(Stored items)
☆ ☆ ☆ ☆ ☆ ☆ ☆
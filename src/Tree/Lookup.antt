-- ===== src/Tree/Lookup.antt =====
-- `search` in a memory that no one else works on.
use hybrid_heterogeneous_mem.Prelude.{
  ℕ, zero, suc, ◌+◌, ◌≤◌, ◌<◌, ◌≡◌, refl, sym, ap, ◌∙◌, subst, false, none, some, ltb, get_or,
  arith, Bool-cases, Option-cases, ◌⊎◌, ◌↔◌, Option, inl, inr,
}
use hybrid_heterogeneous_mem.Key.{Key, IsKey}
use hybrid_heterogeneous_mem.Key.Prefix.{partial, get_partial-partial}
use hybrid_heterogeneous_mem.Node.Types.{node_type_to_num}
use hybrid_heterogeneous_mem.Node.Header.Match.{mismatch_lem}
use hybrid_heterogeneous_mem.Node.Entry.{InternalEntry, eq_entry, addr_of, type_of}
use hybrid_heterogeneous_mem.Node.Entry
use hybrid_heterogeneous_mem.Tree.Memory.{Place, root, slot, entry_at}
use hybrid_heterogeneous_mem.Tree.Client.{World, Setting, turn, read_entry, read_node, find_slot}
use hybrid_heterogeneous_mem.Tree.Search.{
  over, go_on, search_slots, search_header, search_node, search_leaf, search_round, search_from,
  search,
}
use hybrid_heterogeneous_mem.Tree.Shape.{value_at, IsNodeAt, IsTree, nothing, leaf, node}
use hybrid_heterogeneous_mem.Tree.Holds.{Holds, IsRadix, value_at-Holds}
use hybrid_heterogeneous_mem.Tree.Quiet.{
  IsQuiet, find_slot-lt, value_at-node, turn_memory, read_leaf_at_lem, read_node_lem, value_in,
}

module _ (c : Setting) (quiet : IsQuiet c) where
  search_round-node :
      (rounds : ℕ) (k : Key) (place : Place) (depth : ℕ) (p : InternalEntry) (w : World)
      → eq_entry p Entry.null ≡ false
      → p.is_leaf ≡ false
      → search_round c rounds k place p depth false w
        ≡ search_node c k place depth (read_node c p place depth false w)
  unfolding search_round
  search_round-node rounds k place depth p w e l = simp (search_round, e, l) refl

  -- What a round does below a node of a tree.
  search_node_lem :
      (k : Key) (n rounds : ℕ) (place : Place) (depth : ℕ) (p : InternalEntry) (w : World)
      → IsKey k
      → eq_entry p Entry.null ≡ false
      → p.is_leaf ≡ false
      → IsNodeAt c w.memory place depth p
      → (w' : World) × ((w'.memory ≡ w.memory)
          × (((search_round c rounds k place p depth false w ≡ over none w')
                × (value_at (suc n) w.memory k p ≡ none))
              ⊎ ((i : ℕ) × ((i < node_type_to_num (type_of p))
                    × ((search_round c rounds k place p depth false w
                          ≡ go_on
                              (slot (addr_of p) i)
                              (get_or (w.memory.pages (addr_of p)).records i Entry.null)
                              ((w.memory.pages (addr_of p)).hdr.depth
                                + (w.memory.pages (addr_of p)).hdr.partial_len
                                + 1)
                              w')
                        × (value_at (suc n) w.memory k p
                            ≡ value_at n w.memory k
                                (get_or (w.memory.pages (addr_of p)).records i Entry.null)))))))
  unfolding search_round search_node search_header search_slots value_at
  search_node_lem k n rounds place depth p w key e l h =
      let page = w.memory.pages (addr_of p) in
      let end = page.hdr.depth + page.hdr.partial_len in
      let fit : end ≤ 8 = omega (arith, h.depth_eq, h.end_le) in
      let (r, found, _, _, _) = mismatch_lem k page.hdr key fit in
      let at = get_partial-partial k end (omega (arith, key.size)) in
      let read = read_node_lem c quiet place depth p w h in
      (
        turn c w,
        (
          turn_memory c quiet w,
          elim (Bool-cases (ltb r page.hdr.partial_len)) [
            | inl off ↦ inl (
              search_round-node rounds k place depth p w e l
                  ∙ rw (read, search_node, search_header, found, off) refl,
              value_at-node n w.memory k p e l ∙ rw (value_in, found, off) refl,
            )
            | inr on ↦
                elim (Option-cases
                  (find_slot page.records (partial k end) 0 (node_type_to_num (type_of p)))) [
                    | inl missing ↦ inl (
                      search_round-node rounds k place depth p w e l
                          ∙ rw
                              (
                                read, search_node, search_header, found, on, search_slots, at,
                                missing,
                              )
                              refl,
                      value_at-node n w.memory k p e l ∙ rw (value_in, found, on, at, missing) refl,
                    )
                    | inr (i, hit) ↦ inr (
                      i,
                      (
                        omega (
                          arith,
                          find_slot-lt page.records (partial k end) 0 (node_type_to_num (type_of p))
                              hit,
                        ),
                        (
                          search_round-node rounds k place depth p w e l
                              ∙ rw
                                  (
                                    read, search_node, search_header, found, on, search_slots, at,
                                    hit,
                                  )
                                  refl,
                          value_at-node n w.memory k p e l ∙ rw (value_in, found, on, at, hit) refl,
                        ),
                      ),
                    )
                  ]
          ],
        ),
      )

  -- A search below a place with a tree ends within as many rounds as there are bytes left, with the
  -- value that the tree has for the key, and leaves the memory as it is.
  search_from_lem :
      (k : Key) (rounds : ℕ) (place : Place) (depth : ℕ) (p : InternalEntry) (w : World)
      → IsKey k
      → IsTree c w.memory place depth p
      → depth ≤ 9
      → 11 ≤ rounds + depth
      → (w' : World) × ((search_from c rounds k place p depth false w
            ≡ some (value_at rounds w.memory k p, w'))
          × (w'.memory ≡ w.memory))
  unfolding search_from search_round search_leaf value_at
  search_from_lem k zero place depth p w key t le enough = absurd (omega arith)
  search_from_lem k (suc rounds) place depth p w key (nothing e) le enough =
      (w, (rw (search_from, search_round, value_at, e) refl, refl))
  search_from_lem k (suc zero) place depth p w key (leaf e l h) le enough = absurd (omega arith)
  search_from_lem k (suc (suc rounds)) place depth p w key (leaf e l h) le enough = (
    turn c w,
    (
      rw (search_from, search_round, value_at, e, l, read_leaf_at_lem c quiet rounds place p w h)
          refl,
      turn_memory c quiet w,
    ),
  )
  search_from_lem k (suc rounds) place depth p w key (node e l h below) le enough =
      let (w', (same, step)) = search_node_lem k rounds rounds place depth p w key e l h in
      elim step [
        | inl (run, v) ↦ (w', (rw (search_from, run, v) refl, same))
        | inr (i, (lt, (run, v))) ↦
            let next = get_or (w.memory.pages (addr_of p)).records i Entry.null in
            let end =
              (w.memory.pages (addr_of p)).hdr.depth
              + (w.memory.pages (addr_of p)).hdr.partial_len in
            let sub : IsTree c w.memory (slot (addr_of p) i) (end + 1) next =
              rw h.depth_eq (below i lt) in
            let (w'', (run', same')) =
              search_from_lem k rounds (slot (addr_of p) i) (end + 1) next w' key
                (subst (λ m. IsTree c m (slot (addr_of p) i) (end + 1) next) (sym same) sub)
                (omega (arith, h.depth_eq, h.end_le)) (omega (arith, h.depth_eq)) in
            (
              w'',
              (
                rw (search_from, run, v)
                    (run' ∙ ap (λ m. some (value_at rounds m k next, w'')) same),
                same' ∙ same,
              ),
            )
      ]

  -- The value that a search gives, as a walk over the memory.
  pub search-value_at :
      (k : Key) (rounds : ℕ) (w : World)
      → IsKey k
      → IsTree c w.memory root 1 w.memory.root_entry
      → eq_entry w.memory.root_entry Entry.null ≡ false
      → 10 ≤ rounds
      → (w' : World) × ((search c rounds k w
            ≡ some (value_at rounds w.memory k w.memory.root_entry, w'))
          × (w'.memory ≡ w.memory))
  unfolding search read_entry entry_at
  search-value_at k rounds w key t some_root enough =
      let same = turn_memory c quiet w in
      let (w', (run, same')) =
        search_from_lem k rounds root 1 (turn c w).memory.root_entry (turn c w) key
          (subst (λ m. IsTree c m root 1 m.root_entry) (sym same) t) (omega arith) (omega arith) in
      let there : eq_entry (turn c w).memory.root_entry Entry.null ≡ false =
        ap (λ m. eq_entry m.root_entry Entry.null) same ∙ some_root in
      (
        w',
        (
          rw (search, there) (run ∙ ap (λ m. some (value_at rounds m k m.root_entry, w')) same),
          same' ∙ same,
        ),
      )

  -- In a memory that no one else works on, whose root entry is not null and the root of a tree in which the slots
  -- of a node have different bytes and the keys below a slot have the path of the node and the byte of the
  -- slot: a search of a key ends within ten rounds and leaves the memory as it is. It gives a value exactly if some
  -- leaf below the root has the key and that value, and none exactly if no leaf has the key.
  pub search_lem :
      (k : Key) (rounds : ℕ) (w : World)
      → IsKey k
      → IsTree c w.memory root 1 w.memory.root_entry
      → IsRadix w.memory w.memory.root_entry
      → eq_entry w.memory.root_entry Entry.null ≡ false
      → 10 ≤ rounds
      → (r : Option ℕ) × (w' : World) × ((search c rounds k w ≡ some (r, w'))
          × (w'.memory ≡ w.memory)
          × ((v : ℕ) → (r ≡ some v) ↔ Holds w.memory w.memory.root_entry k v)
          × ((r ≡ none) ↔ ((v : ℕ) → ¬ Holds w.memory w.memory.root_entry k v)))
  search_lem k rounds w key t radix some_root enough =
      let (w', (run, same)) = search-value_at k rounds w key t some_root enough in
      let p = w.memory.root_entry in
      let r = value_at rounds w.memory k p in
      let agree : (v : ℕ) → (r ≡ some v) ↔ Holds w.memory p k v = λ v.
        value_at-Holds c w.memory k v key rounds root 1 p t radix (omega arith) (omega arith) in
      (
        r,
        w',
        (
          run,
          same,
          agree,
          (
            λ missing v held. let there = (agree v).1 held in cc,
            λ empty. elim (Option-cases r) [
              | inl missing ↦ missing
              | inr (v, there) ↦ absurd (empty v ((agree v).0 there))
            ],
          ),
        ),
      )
☆ ☆ ☆ ☆ ☆ ☆ ☆
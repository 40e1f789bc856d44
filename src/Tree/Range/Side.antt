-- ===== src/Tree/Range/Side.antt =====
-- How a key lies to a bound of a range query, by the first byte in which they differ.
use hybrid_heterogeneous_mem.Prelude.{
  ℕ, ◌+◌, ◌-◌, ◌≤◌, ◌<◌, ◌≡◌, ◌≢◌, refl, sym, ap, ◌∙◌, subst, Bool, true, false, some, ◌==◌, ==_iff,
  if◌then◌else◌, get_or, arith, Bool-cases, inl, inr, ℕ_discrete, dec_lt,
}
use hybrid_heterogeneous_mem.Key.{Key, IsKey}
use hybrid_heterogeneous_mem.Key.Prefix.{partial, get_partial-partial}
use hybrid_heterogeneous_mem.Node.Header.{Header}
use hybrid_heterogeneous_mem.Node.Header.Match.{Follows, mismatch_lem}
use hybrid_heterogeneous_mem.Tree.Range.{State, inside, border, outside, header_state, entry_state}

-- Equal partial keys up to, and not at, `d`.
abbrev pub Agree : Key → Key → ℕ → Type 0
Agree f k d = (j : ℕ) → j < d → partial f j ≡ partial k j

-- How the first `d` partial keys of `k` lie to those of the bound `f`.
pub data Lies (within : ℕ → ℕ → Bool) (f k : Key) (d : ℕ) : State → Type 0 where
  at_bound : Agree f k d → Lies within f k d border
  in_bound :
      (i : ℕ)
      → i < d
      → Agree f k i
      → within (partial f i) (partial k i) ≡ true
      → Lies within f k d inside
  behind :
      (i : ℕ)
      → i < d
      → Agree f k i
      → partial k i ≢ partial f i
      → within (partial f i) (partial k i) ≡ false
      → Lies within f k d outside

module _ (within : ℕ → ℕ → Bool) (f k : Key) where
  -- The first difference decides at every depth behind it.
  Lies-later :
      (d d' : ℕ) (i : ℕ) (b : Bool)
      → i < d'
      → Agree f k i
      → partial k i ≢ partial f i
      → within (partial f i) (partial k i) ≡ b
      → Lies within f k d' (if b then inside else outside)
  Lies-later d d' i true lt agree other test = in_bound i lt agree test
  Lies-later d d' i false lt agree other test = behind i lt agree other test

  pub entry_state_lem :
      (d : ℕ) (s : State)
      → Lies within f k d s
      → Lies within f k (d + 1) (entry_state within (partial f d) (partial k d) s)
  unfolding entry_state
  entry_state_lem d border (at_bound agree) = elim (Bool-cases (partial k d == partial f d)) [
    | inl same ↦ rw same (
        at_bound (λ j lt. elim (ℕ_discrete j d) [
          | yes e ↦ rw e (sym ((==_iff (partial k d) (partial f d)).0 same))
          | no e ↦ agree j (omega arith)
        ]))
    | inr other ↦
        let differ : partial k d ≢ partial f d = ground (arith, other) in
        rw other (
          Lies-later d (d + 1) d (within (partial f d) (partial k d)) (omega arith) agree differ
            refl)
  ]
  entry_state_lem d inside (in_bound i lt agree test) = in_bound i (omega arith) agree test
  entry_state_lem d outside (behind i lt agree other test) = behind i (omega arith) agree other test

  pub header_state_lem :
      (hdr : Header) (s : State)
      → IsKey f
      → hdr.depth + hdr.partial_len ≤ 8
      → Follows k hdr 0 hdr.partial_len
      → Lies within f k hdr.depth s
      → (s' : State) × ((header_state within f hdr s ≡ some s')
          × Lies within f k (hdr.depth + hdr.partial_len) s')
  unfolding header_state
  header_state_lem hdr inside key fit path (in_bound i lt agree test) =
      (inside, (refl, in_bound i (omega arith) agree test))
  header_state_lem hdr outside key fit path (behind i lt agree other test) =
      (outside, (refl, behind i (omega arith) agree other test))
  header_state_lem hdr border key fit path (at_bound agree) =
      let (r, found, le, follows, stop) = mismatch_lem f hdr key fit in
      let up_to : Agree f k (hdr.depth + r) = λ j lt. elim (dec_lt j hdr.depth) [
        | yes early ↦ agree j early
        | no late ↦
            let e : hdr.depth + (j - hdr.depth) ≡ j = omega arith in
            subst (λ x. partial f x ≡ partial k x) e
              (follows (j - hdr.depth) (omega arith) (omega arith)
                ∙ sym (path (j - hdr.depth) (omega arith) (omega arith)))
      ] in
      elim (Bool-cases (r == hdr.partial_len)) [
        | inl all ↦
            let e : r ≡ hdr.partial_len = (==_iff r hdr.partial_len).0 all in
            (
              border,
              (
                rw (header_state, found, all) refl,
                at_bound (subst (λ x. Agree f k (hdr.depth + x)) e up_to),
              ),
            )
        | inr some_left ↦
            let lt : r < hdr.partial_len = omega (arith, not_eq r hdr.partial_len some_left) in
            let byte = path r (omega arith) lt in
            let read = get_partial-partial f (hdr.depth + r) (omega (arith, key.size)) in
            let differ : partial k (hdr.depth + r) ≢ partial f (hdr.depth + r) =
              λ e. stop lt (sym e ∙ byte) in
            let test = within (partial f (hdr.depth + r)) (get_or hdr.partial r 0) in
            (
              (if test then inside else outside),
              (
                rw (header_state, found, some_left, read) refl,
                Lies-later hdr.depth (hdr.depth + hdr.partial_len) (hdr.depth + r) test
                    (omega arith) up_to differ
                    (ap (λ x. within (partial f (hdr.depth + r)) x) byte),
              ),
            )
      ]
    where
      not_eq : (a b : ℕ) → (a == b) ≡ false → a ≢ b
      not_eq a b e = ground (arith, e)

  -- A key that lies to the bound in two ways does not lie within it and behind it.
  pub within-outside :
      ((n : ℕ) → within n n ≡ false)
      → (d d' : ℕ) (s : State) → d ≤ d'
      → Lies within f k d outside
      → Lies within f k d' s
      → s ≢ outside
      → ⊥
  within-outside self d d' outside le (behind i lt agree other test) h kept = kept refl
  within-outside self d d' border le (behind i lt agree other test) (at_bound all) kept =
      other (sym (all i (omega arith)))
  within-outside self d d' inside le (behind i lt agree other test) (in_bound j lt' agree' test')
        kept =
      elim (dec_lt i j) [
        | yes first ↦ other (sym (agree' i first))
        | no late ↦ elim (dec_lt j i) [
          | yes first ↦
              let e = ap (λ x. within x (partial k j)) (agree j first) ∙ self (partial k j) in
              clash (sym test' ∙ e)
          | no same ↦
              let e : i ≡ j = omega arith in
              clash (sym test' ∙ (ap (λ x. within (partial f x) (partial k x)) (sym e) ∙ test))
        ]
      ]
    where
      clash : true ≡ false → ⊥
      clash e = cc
☆ ☆ ☆ ☆ ☆ ☆ ☆
> [Task requirements] Scan the data above. Return every line with "does" in it.

> [Result]
  -- What a round does below a node of a tree.
  -- A key that lies to the bound in two ways does not lie within it and behind it.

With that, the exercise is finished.